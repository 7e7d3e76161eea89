-- ===== src/As/Encoding/Sources.antt =====
-- as/src/assembler.cc: operands that are a register or a value.
use irid.Base.{
  ℕ, ◌+◌, ◌<◌, ◌≡◌, refl, Bool, true, false, [], ◌∷◌, none, ◌==◌, ltb, if◌then◌else◌, ok, arith,
  Bool-cases, Option-cases, inl, inr, ◌||◌, not, ◌&&◌,
}
use irid.Base.Bytes.{Bytes}
use irid.Base.Results.{>>=-eq-ok}
use irid.Emul.Cpu.{u16, u8}
use irid.Emul.Decode.{Instruction, Form, forms, find_form}
use irid.As.Numbers.{Assembling, is_negative, parse_int}
use irid.As.Symbols.{is_valid_symbol, try_parse_register, instruction_id_from_mnemonic}
use irid.As.State.{Assembler, low, high, size, resolve_address_or_link}
use irid.As.Instructions.{
  register, known_instruction, insert_immediate, insert_value, insert_count, ins_dest_and_any,
  ins_dest_and_r8,
}
use irid.As.Meaning.{any, count, number_of, immediate, meant}
use irid.As.Encoding.{Encodes, Same-refl, resolve-Resolved}
use irid.As.Encoding.Operands.{Encoder, inserted, word-low-high, register-small, parsed-small}

if-ok :
    (b : Bool) (i j : Instruction)
    → ◌≡◌ {A = Assembling Instruction} (if b then ok i else ok j) (ok (if b then i else j))
if-ok true i j = refl
if-ok false i j = refl

module _ (id : ℕ) (small : id < 254) (byte word : ℕ → ℕ → Instruction)
    (byte_form : find_form forms (id + 1) ≡ Form.bytes byte)
    (word_form : find_form forms (id + 2) ≡ Form.byte_word word) (r : ℕ) (r_small : u8 r ≡ r)
    (s t : Assembler) where
  -- A number is encoded as a byte if it is below 256, and else as a word.
  insert_immediate-Encodes :
      (value : ℕ)
      → insert_immediate id r value s ≡ ok t
      → Encodes s t
          (if is_negative value || ltb value 256 then byte r (u8 value) else word r (u16 value))
  unfolding insert_immediate
  insert_immediate-Encodes value h = elim (Bool-cases (is_negative value || ltb value 256)) [
    | inl short ↦
        let e : u8 (low value) ≡ u8 value = omega arith in
        rw short (
          inserted ((id + 1) ∷ r ∷ low value ∷ []) (id + 1) r (low value) 0 s s t refl
            (rw short at h) (Same-refl s) (omega arith) (rw (byte_form, r_small, e) refl))
    | inr long ↦ rw long (
        inserted ((id + 2) ∷ r ∷ low value ∷ high value ∷ []) (id + 2) r (low value) (high value) s
          s t refl (rw long at h) (Same-refl s) (omega arith)
          (rw (word_form, r_small, word-low-high value) refl))
  ]

  -- A source that is not a register.
  insert_value-Encodes :
      (source : Bytes)
      → insert_value id r source s ≡ ok t
      → (i : Instruction) × (immediate (byte r) (word r) source s ≡ ok i) × Encodes s t i
  unfolding insert_value immediate number_of
  insert_value-Encodes source h = elim (Bool-cases (is_valid_symbol source)) [
    | inl symbol ↦
        let ((addr, s'), e, last) =
          >>=-eq-ok (resolve_address_or_link source (size (s.pos + 2)) s) _ (rw symbol at h) in
        let taken = resolve-Resolved source (size (s.pos + 2)) s symbol e in
        (
          word r (u16 addr),
          rw (taken.number, symbol) refl,
          inserted ((id + 2) ∷ r ∷ low addr ∷ high addr ∷ []) (id + 2) r (low addr) (high addr) s s'
              t refl last taken.same (omega arith)
              (rw (word_form, r_small, word-low-high addr) refl),
        )
    | inr other ↦
        let (value, e, last) = >>=-eq-ok (parse_int source) _ (rw other at h) in
        (_, rw (other, e) (if-ok _ _ _), insert_immediate-Encodes value last)
  ]

insert_count-Encodes :
    (id : ℕ) (small : id < 254) (byte : ℕ → ℕ → Instruction)
    → find_form forms (id + 1) ≡ Form.bytes byte
    → (r : ℕ) (same : u8 r ≡ r) (s t : Assembler) (value : ℕ) → insert_count id r value s ≡ ok t
    → Encodes s t (byte r (u8 value))
unfolding insert_count
insert_count-Encodes id small byte form r same s t value h =
    let e : u8 (low value) ≡ u8 value = omega arith in
    elim (Bool-cases (not (is_negative value) && ltb 255 value)) [
      | inl large ↦ cc (rw large at h)
      | inr fits ↦
          inserted ((id + 1) ∷ r ∷ low value ∷ []) (id + 1) r (low value) 0 s s t refl
            (rw fits at h) (Same-refl s) (omega arith) (rw (form, same, e) refl)
    ]

meant-any_value :
    (f byte word : ℕ → ℕ → Instruction) (reg text : Bytes) (s : Assembler) {r : ℕ} {i : Instruction}
    → register reg ≡ ok r
    → try_parse_register text ≡ none
    → immediate (byte r) (word r) text s ≡ ok i
    → meant (any f byte word) (reg ∷ text ∷ []) s ≡ ok i
unfolding meant register
meant-any_value f byte word reg text s e missing is = rw (e, missing, is) refl

module _ (mnemonic : Bytes) (id : ℕ) (named : instruction_id_from_mnemonic mnemonic ≡ id)
    (positive : (id == 0) ≡ false) (small : id < 254) where
  pub any-Encoder :
      (f byte word : ℕ → ℕ → Instruction)
      → find_form forms id ≡ Form.bytes f
      → find_form forms (id + 1) ≡ Form.bytes byte
      → find_form forms (id + 2) ≡ Form.byte_word word
      → Encoder ins_dest_and_any mnemonic (any f byte word)
  unfolding ins_dest_and_any meant register known_instruction
  any-Encoder f byte word form byte_form word_form [] s t h = cc
  any-Encoder f byte word form byte_form word_form (reg ∷ []) s t h = cc
  any-Encoder f byte word form byte_form word_form (reg ∷ text ∷ part ∷ parts) s t h = cc
  any-Encoder f byte word form byte_form word_form (reg ∷ text ∷ []) s t h =
      let (r, e, next) = >>=-eq-ok (register reg) _ (rw (named, positive) at h) in
      let same : u8 r ≡ r = omega (arith, register-small reg e) in
      elim (Option-cases (try_parse_register text)) [
        | inr (p, found) ↦
            let same' : u8 p ≡ p = omega (arith, parsed-small text found) in
            (
              f r p,
              rw (e, found) refl,
              inserted (id ∷ r ∷ p ∷ []) id r p 0 s s t refl (rw found at next) (Same-refl s)
                  (omega arith) (rw (form, same, same') refl),
            )
        | inl missing ↦
            let (i, is, encodes) =
              insert_value-Encodes id small byte word byte_form word_form r same s t text
                (rw missing at next) in
            (i, meant-any_value f byte word reg text s e missing is, encodes)
      ]

  pub count-Encoder :
      (f byte : ℕ → ℕ → Instruction)
      → find_form forms id ≡ Form.bytes f
      → find_form forms (id + 1) ≡ Form.bytes byte
      → Encoder ins_dest_and_r8 mnemonic (count f byte)
  unfolding ins_dest_and_r8 meant register known_instruction
  count-Encoder f byte form byte_form [] s t h = cc
  count-Encoder f byte form byte_form (reg ∷ []) s t h = cc
  count-Encoder f byte form byte_form (reg ∷ text ∷ parts) s t h =
      let (r, e, next) = >>=-eq-ok (register reg) _ (rw (named, positive) at h) in
      let same : u8 r ≡ r = omega (arith, register-small reg e) in
      elim (Option-cases (try_parse_register text)) [
        | inr (p, found) ↦
            let same' : u8 p ≡ p = omega (arith, parsed-small text found) in
            (
              f r p,
              rw (e, found) refl,
              inserted (id ∷ r ∷ p ∷ []) id r p 0 s s t refl (rw found at next) (Same-refl s)
                  (omega arith) (rw (form, same, same') refl),
            )
        | inl missing ↦
            let (value, e', last) = >>=-eq-ok (parse_int text) _ (rw missing at next) in
            (
              byte r (u8 value),
              rw (e, missing, e') refl,
              insert_count-Encodes id small byte byte_form r same s t value last,
            )
      ]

——————————

**Problem to solve:**
The answer must be a verbatim transcription of the entries above, from the first line through the line that contains "inl short ↦", and nothing more.

**Result below:**
repository 7e7d3e76161eea89
-- ===== src/As/Encoding/Sources.antt =====
-- as/src/assembler.cc: operands that are a register or a value.
use irid.Base.{
  ℕ, ◌+◌, ◌<◌, ◌≡◌, refl, Bool, true, false, [], ◌∷◌, none, ◌==◌, ltb, if◌then◌else◌, ok, arith,
  Bool-cases, Option-cases, inl, inr, ◌||◌, not, ◌&&◌,
}
use irid.Base.Bytes.{Bytes}
use irid.Base.Results.{>>=-eq-ok}
use irid.Emul.Cpu.{u16, u8}
use irid.Emul.Decode.{Instruction, Form, forms, find_form}
use irid.As.Numbers.{Assembling, is_negative, parse_int}
use irid.As.Symbols.{is_valid_symbol, try_parse_register, instruction_id_from_mnemonic}
use irid.As.State.{Assembler, low, high, size, resolve_address_or_link}
use irid.As.Instructions.{
  register, known_instruction, insert_immediate, insert_value, insert_count, ins_dest_and_any,
  ins_dest_and_r8,
}
use irid.As.Meaning.{any, count, number_of, immediate, meant}
use irid.As.Encoding.{Encodes, Same-refl, resolve-Resolved}
use irid.As.Encoding.Operands.{Encoder, inserted, word-low-high, register-small, parsed-small}

if-ok :
    (b : Bool) (i j : Instruction)
    → ◌≡◌ {A = Assembling Instruction} (if b then ok i else ok j) (ok (if b then i else j))
if-ok true i j = refl
if-ok false i j = refl

module _ (id : ℕ) (small : id < 254) (byte word : ℕ → ℕ → Instruction)
    (byte_form : find_form forms (id + 1) ≡ Form.bytes byte)
    (word_form : find_form forms (id + 2) ≡ Form.byte_word word) (r : ℕ) (r_small : u8 r ≡ r)
    (s t : Assembler) where
  -- A number is encoded as a byte if it is below 256, and else as a word.
  insert_immediate-Encodes :
      (value : ℕ)
      → insert_immediate id r value s ≡ ok t
      → Encodes s t
          (if is_negative value || ltb value 256 then byte r (u8 value) else word r (u16 value))
  unfolding insert_immediate
  insert_immediate-Encodes value h = elim (Bool-cases (is_negative value || ltb value 256)) [
    | inl short ↦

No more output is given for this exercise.